Problem details —
Look through the data below and return each line where "later" appears.

(Dataset content Opens)

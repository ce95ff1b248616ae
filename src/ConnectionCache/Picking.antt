-- ===== src/ConnectionCache/Picking.antt =====
-- Which connection `pick_one_connection` picks.
use cpp_assistant.Prelude.{
  ℕ, zero, suc, ◌+◌, ◌-◌, ◌%◌, ◌≤◌, ◌<◌, ◌≡◌, refl, Bool, false, Option, none, some, List, [], ◌∷◌,
  length, ℤ, abs, arith, if◌then◌else◌, ltb, ◌==◌, get_elem?, Bool-cases, Option-cases, inl, inr,
  ap, ◌∙◌, sym, some_inj,
}
use cpp_assistant.Strings.{Text}
use cpp_assistant.Dictionary.{Dict}
use cpp_assistant.ConnectionCache.{
  ConnIndex, ConnectionCache, ServerGroup, candidate, names_of, pick_one_connection, search_all,
  search_from, node_offset, send_policy_by_id,
}

minus_zero : (n : ℕ) → n - 0 ≡ n
minus_zero n = omega arith

module _ (dict : Dict ConnIndex) (cache : ConnectionCache dict) (alive_only : Bool) where
  -- A connection of one of the names, which can be picked.
  abbrev pub PickedFrom : List Text → Option ConnIndex → Type 0
  PickedFrom names picked =
      (i : ℕ) × (n : Text) × (c : ConnIndex) × (picked ≡ some c)
      × (get_elem? names i ≡ some n)
      × (candidate dict cache alive_only n ≡ some c)

  search_all-finds :
      (names : List Text) (i : ℕ) (n : Text) (c : ConnIndex)
      → get_elem? names i ≡ some n
      → candidate dict cache alive_only n ≡ some c
      → PickedFrom names (search_all dict cache alive_only names)
  unfolding search_all
  search_all-finds [] i n c e h = cc e
  search_all-finds (m ∷ names) zero n c e h =
      let hit : candidate dict cache alive_only m ≡ some c =
        ap (candidate dict cache alive_only) (some_inj e) ∙ h in
      (0, m, c, rw (hit, search_all) refl, refl, hit)
  search_all-finds (m ∷ names) (suc i) n c e h =
      elim (Option-cases (candidate dict cache alive_only m)) [
        | inr (d, hit) ↦ (0, m, d, rw (hit, search_all) refl, refl, hit)
        | inl miss ↦
            let (j, n', c', p, q, r) = search_all-finds names i n c e h in
            (suc j, n', c', rw (miss, search_all) p, q, r)
      ]

  -- What the cycle with an offset does once it has reached the offset.
  abbrev or_restart : List Text → Option ConnIndex → Option ConnIndex
  or_restart all found = elim found as (λ (x : Option ConnIndex). Option ConnIndex) [
    | none ↦ (if ltb 1 (length all) then search_all dict cache alive_only all else none)
    | some c ↦ some c
  ]

  search_from-at :
      (all names : List Text) (offset current : ℕ) (n : Text)
      → current ≤ offset
      → get_elem? names (offset - current) ≡ some n
      → search_from dict cache alive_only all offset current names
        ≡ or_restart all (candidate dict cache alive_only n)
  unfolding search_from
  search_from-at all [] offset current n h e = cc e
  search_from-at all (m ∷ names) offset current n h e = elim (Bool-cases (ltb current offset)) [
    | inl before ↦
        let next : offset - current ≡ suc (offset - (current + 1)) = ground arith in
        rw before (search_from-at all names offset (current + 1) n (ground arith) (rw next at e))
    | inr here ↦
        let start : offset - current ≡ 0 = ground arith in rw (here, some_inj (rw start at e)) refl
  ]

  -- The place of a list of one element.
  only_one :
      (names : List Text) (i : ℕ) (n : Text)
      → ltb 1 (length names) ≡ false
      → get_elem? names i ≡ some n
      → i ≡ 0
  only_one [] i n h e = cc e
  only_one (m ∷ []) zero n h e = refl
  only_one (m ∷ []) (suc i) n h e = absurd (cc e)
  only_one (m ∷ k ∷ names) i n h e = absurd (ground arith)

  get_elem?-some :
      (names : List Text) (i : ℕ) → i < length names → (n : Text) × (get_elem? names i ≡ some n)
  get_elem?-some [] i h = absurd (omega arith)
  get_elem?-some (m ∷ names) zero h = (m, refl)
  get_elem?-some (m ∷ names) (suc i) h = get_elem?-some names i (omega arith)

  search_from-finds :
      (names : List Text) (offset i : ℕ) (n : Text) (c : ConnIndex)
      → offset < length names
      → get_elem? names i ≡ some n
      → candidate dict cache alive_only n ≡ some c
      → PickedFrom names (search_from dict cache alive_only names offset 0 names)
  search_from-finds names offset i n c lt e h =
      let (m, em) = get_elem?-some names offset lt in
      let found =
        search_from-at names names offset 0 m (omega arith)
          (ap (get_elem? names) (minus_zero offset) ∙ em) in
      elim (Option-cases (candidate dict cache alive_only m)) [
        | inr (d, hit) ↦ (offset, m, d, found ∙ ap (or_restart names) hit, em, hit)
        | inl miss ↦ elim (Bool-cases (ltb 1 (length names))) [
          | inl more ↦
              let (j, n', c', p, q, r) = search_all-finds names i n c e h in
              (j, n', c', found ∙ ap (or_restart names) miss ∙ rw more p, q, r)
          | inr one ↦
              let first : i ≡ 0 = only_one names i n one e in
              let zeroth : offset ≡ 0 = ground arith in
              let same : m ≡ n =
                some_inj (sym em ∙ ap (get_elem? names) (zeroth ∙ sym first) ∙ e) in
              let clash = sym miss ∙ ap (candidate dict cache alive_only) same ∙ h in
              absurd (cc clash)
        ]
      ]

  nonempty : (names : List Text) (i : ℕ) (n : Text) → get_elem? names i ≡ some n → 0 < length names
  nonempty [] i n e = absurd (cc e)
  nonempty (m ∷ names) i n e = omega arith

  pick_eq :
      (type : Text) (policy : ℕ) (id : ℤ) (rand : ℕ) (g : ServerGroup)
      → cache.type_group ≡ some g
      → 0 < length (names_of type g)
      → pick_one_connection dict cache (some type) policy id alive_only rand
        ≡ some (
            search_from dict cache alive_only
              (names_of type g)
              (node_offset policy id rand (length (names_of type g)))
              0
              (names_of type g))
  unfolding pick_one_connection
  pick_eq type policy id rand g eg h =
      let some_names : (length (names_of type g) == 0) ≡ false = ground arith in
      simp (eg, some_names)

  -- If some name of the type has a connection that can be picked, `pick_one_connection` picks one that
  -- can be picked, of a name of the type, whatever the policy, the id and the random number are.
  pub pick_one_connection_finds :
      (type : Text) (policy : ℕ) (id : ℤ) (rand : ℕ) (g : ServerGroup) (i : ℕ) (n : Text)
      (c : ConnIndex)
      → cache.type_group ≡ some g
      → get_elem? (names_of type g) i ≡ some n
      → candidate dict cache alive_only n ≡ some c
      → (picked : Option ConnIndex) × (pick_one_connection dict cache
            (some type)
            policy
            id
            alive_only
            rand
          ≡ some picked)
        × PickedFrom (names_of type g) picked
  pick_one_connection_finds type policy id rand g i n c eg e h =
      let count = length (names_of type g) in
      let lt = nonempty (names_of type g) i n e in
      (
        _,
        pick_eq type policy id rand g eg lt,
        search_from-finds (names_of type g) (node_offset policy id rand count) i n c
            (offset_below policy id rand count lt) e h,
      )
    where
      offset_below :
          (policy : ℕ) (id : ℤ) (rand count : ℕ)
          → 0 < count
          → node_offset policy id rand count < count
      offset_below policy id rand count h = ground arith

  -- With the policy SEND_POLICY_BY_ID the id alone chooses the name: it is the one at the place of the
  -- remainder of the id by the number of names, if that one can be picked.
  pub pick_by_id :
      (type : Text) (id : ℤ) (rand : ℕ) (g : ServerGroup) (n : Text) (c : ConnIndex)
      → cache.type_group ≡ some g
      → 0 < length (names_of type g)
      → get_elem? (names_of type g) (abs id % length (names_of type g)) ≡ some n
      → candidate dict cache alive_only n ≡ some c
      → pick_one_connection dict cache (some type) send_policy_by_id id alive_only rand
        ≡ some (some c)
  pick_by_id type id rand g n c eg lt e h =
      pick_eq type send_policy_by_id id rand g eg lt
      ∙ ap some (
          search_from-at (names_of type g) (names_of type g) _ 0 n (omega arith)
            (ap (get_elem? (names_of type g)) (minus_zero _) ∙ e)
          ∙ ap (or_restart (names_of type g)) h)
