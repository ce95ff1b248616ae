-- ===== src/ConnectionCache/Runs.antt =====
-- The cache over time: calls of `create`, `add`, `del` and `destroy` in any order, each with the length of
-- the name that it is given.
use cpp_assistant.Prelude.{
  ℕ, zero, suc, ◌≡◌, refl, Bool, true, Option, none, some, [], ◌∷◌, length, ℤ, pos, Bool-cases, inl,
  inr, some_inj, ap, ◌∙◌, sym, subst, text_eq, text_eq_iff, get_elem?, ◌↔◌,
}
use cpp_assistant.Strings.{Text}
use cpp_assistant.Dictionary.{Dict}
use cpp_assistant.ConnectionCache.{
  ConnIndex, ServerGroup, ConnectionCache, names_of, create_cache, add_connection, del_connection,
}
use cpp_assistant.ConnectionCache.Grouping.{Known, has_pair}
use cpp_assistant.ConnectionCache.Agreeing.{Fine, add-Fine, del-Fine, create-Fine}

module _ (dict : Dict ConnIndex) where
  open dict use {
    Content, created, dict_find, dict_add, dict_delete, find-created, find-add, add_fresh,
    find-delete,
  }

  -- What the constructor and `destroy` leave.
  abbrev pub blank : ConnectionCache dict
  blank = record { dictionary = none; type_group = none }

  pub data Reachable : ConnectionCache dict → Type 0 where
    constructed : Reachable blank
    destroyed : {cache : ConnectionCache dict} → Reachable cache → Reachable blank
    after_create :
        {cache : ConnectionCache dict}
        → Reachable cache
        → (dict_ok group_ok : Bool) → Reachable (create_cache dict cache dict_ok group_ok).1
    after_add :
        {cache cache' : ConnectionCache dict} {ret : ℤ}
        → Reachable cache
        → (name : Text) (conn : ConnIndex) (conn_len : ℤ) (alloc_ok : Bool)
        → add_connection dict cache (some name) (pos (length name)) (some conn) conn_len alloc_ok
          ≡ some (ret, cache')
        → Reachable cache'
    after_del :
        {cache cache' : ConnectionCache dict} {ret : ℤ}
        → Reachable cache
        → (name : Text)
        → del_connection dict cache (some name) (pos (length name)) ≡ some (ret, cache')
        → Reachable cache'

  Reachable-Fine : {cache : ConnectionCache dict} → Reachable cache → Fine dict cache
  Reachable-Fine constructed = refl
  Reachable-Fine (destroyed r) = refl
  Reachable-Fine (after_create {cache} r a b) =
      create-Fine dict cache.dictionary cache.type_group a b (Reachable-Fine r)
  Reachable-Fine (after_add {cache} {cache'} {ret} r name conn conn_len ok e) =
      add-Fine dict cache.dictionary cache.type_group cache' ret name conn conn_len ok e
        (Reachable-Fine r)
  Reachable-Fine (after_del {cache} {cache'} {ret} r name e) =
      del-Fine dict cache.dictionary cache.type_group cache' ret name e (Reachable-Fine r)

  names_of-has_pair :
      (type name : Text) (g : ServerGroup)
      → has_pair g type name ≡ true
      → (i : ℕ) × (get_elem? (names_of type g) i ≡ some name)
  unfolding names_of has_pair
  names_of-has_pair type name [] h = absurd (cc h)
  names_of-has_pair type name ((t, n) ∷ g) h = elim (Bool-cases (text_eq t type)) [
    | inl same ↦ elim (Bool-cases (text_eq n name)) [
      | inl hit ↦ (0, rw same (ap some ((text_eq_iff n name).0 hit)))
      | inr miss ↦
          let (i, e) = names_of-has_pair type name g (rw (same, miss) at h) in (suc i, rw same e)
    ]
    | inr differ ↦ let (i, e) = names_of-has_pair type name g (rw differ at h) in (i, rw differ e)
  ]

  names_of-Known :
      (d : Content) (type name : Text) (g : ServerGroup) (i : ℕ)
      → Known dict d g
      → get_elem? (names_of type g) i ≡ some name
      → (c : ConnIndex) × (dict_find d name ≡ some c) × (c.server_type ≡ type)
  unfolding names_of
  names_of-Known d type name [] i h e = absurd (cc e)
  names_of-Known d type name ((t, n) ∷ g) i ((c, f, et), hs) e =
      elim (Bool-cases (text_eq t type)) [
        | inr differ ↦ names_of-Known d type name g i hs (rw differ at e)
        | inl same ↦
            placed i (rw same at e) (λ k q. names_of-Known d type name g k hs q)
              ((text_eq_iff t type).0 same)
      ]
    where
      placed :
          (i : ℕ)
          → get_elem? (n ∷ names_of type g) i ≡ some name
          → ((k : ℕ)
              → get_elem? (names_of type g) k ≡ some name
              → (c : ConnIndex) × (dict_find d name ≡ some c) × (c.server_type ≡ type))
          → t ≡ type
          → (c : ConnIndex) × (dict_find d name ≡ some c) × (c.server_type ≡ type)
      placed zero e later typed = (c, ap (dict_find d) (sym (some_inj e)) ∙ f, et ∙ typed)
      placed (suc k) e later typed = later k e

  -- Whatever connections have been added and deleted, the names of a type are just those of the
  -- dictionary whose connections have the type, so `pick_one_connection` never misses an index.
  pub names_of_type :
      (cache : ConnectionCache dict) (d : Content) (g : ServerGroup) (type name : Text)
      → Reachable cache
      → cache.dictionary ≡ some d
      → cache.type_group ≡ some g
      → ((i : ℕ) × (get_elem? (names_of type g) i ≡ some name))
        ↔ ((c : ConnIndex) × (dict_find d name ≡ some c) × (c.server_type ≡ type))
  names_of_type cache d g type name r ed eg =
      let whole_cache : cache ≡ record { dictionary = some d; type_group = some g } =
        ap
          (λ (x : Option Content × Option ServerGroup). record {
            dictionary = x.0;
            type_group = x.1;
          })
          (λ i. (ed i, eg i)) in
      let (known, distinct, listed) = subst (Fine dict) whole_cache (Reachable-Fine r) in
      (
        (λ (i, e). names_of-Known d type name g i known e),
        (λ (c, f, t).
            names_of-has_pair type name g
              (subst (λ u. has_pair g u name ≡ true) t (listed name c f))),
      )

(Dataset content Closes)

Solved exercise —
      placed zero e later typed = (c, ap (dict_find d) (sym (some_inj e)) ∙ f, et ∙ typed)
      placed (suc k) e later typed = later k e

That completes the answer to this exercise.